How does the Denser Chat browser skill work?#

We wrap agent-browser in a multi-turn execution loop. When a user asks a question that requires web access, the LLM selects the browser tool, our SkillExecutor runs a session where the model generates agent-browser commands, and the results (text, screenshots, files) are uploaded to S3 and returned to the user.

What did you build on top of agent-browser?#

Five key additions: (1) turn-aware performance rules that cut execution from 10 turns to 4, (2) S3 artifact upload pipeline so users see screenshots and files in the chat, (3) Serper.dev search pre-fetching to avoid CAPTCHA blocks, (4) session isolation for concurrent users, and (5) a user-facing web search toggle.

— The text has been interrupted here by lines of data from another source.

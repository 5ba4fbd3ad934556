-- ===== src/Feed/Rows.antt =====
-- Which numbers stand in the buffer of SP_HW10.
use sp_hw.Base.{
  ℕ, zero, suc, ◌+◌, ◌%◌, ◌<◌, ◌≤◌, ◌≡◌, ◌≢◌, ◌↔◌, ◌⊎◌, inl, inr, sym, ap, ◌∙◌, true, ◌==◌, ==_iff,
  Bool-cases, update, update_same, update_other, true_not_false, Bytes, str_eq_iff, arith,
}
use sp_hw.Feed.{write, written, still_there}

-- Two numbers that share a row and are less than a round apart are one.
row_unique : (r u v : ℕ) → 0 < r → u % r ≡ v % r → u ≤ v → v < u + r → u ≡ v
row_unique r u v p e l h = grind arith

row_again : (r u : ℕ) → 0 < r → (u + r) % r ≡ u % r
row_again r u p = grind arith

lt_or_eq : (m n : ℕ) → m < suc n → (m < n) ⊎ (m ≡ n)
lt_or_eq m n h = ground arith

le_or_le : (m n : ℕ) → (m ≤ n) ⊎ (n ≤ m)
le_or_le m n = ground arith

module _ (decimal : ℕ → Bytes) (buffer_row : ℕ) (rows_exist : 0 < buffer_row) where
  -- The number that stands in the row of another one.
  record IsLatest (n v u : ℕ) : Type 0 where
    before : u < n
    same_row : u % buffer_row ≡ v % buffer_row
    in_round : n ≤ u + buffer_row
    text : written decimal buffer_row n (v % buffer_row) ≡ decimal u

  earlier : (n v : ℕ) → v < suc n → n % buffer_row ≢ v % buffer_row → v < n
  earlier n v h d = elim (lt_or_eq v n h) [
    | inl l ↦ l
    | inr e ↦ absurd (d (ap (λ x. x % buffer_row) (sym e)))
  ]

  not_a_round :
      (n v u : ℕ) → n % buffer_row ≢ v % buffer_row → IsLatest n v u → suc n ≤ u + buffer_row
  not_a_round n v u d l = elim (lt_or_eq n (u + buffer_row) (omega (arith, l.in_round))) [
    | inl h ↦ h
    | inr e ↦
        absurd (d (ap (λ x. x % buffer_row) e ∙ row_again buffer_row u rows_exist ∙ l.same_row))
  ]

  closest : (n v u : ℕ) → v < n → n ≤ v + buffer_row → IsLatest n v u → u ≡ v
  closest n v u h b l = elim (le_or_le u v) [
    | inl k ↦ row_unique buffer_row u v rows_exist l.same_row k (omega (arith, l.in_round))
    | inr k ↦
        sym (row_unique buffer_row v u rows_exist (sym l.same_row) k (omega (arith, l.before)))
  ]

  at_row : (n v : ℕ) → v % buffer_row ≡ n % buffer_row → IsLatest (suc n) v n
  unfolding written write
  at_row n v same = record {
    before = omega arith;
    same_row = sym same;
    in_round = omega (arith, rows_exist);
    text =
        ap (update (n % buffer_row) (decimal n) (written decimal buffer_row n)) same
        ∙ update_same (n % buffer_row) (decimal n) (written decimal buffer_row n);
  }

  latest : (n v : ℕ) → v < n → (u : ℕ) × IsLatest n v u
  unfolding written write
  latest zero v h = absurd (omega arith)
  latest (suc n) v h = elim (Bool-cases (v % buffer_row == n % buffer_row)) [
    | inl e ↦ let same = (==_iff (v % buffer_row) (n % buffer_row)).0 e in (n, at_row n v same)
    | inr e ↦
        let differs : n % buffer_row ≢ v % buffer_row =
          λ x. true_not_false ((==_iff (v % buffer_row) (n % buffer_row)).1 (sym x)) e in
        let (u, l) = latest n v (earlier n v h differs) in
        (
          u,
          record {
            before = omega (arith, l.before);
            same_row = l.same_row;
            in_round = not_a_round n v u differs l;
            text =
                update_other (n % buffer_row) (decimal n) (written decimal buffer_row n)
                  (v % buffer_row) differs
                ∙ l.text;
          },
        )
  ]

  -- After n rounds of the producer, a consumer that handles the number v counts it exactly when fewer
  -- numbers than the buffer has rows were written behind it.
  pub still_there-written :
      (n v : ℕ)
      → ((i j : ℕ) → decimal i ≡ decimal j → i ≡ j)
      → v < n
      → (still_there decimal buffer_row (written decimal buffer_row n) v ≡ true)
        ↔ (n ≤ v + buffer_row)
  unfolding still_there
  still_there-written n v inj h =
      let (u, l) = latest n v h in
      (
        (λ e.
            let same = inj u v (sym l.text ∙ (str_eq_iff _ _).0 e) in
            omega (arith, same, l.in_round)),
        λ b. (str_eq_iff _ _).1 (l.text ∙ ap decimal (closest n v u h b l)),
      )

Is the web browsing feature enabled by default?#

No. Web browsing is disabled by default. Users can enable it with a "Search" toggle in the chat input. When disabled, the chatbot only uses the knowledge base. When enabled, the LLM can choose to browse the web if the query requires it.

How fast is the browser skill?#

A typical web browsing query completes in about 80 seconds and 4 execution turns. Simple URL visits take 2-3 turns. Complex multi-page browsing tasks may take more turns but are capped at a maximum of 30 to prevent runaway execution.

What happens if a website blocks the headless browser?#

The skill is designed to degrade gracefully. If CAPTCHAs or blocks are detected, the agent switches strategy immediately rather than retrying. For search queries, we pre-fetch Google results via Serper.dev API to avoid search engine CAPTCHAs entirely.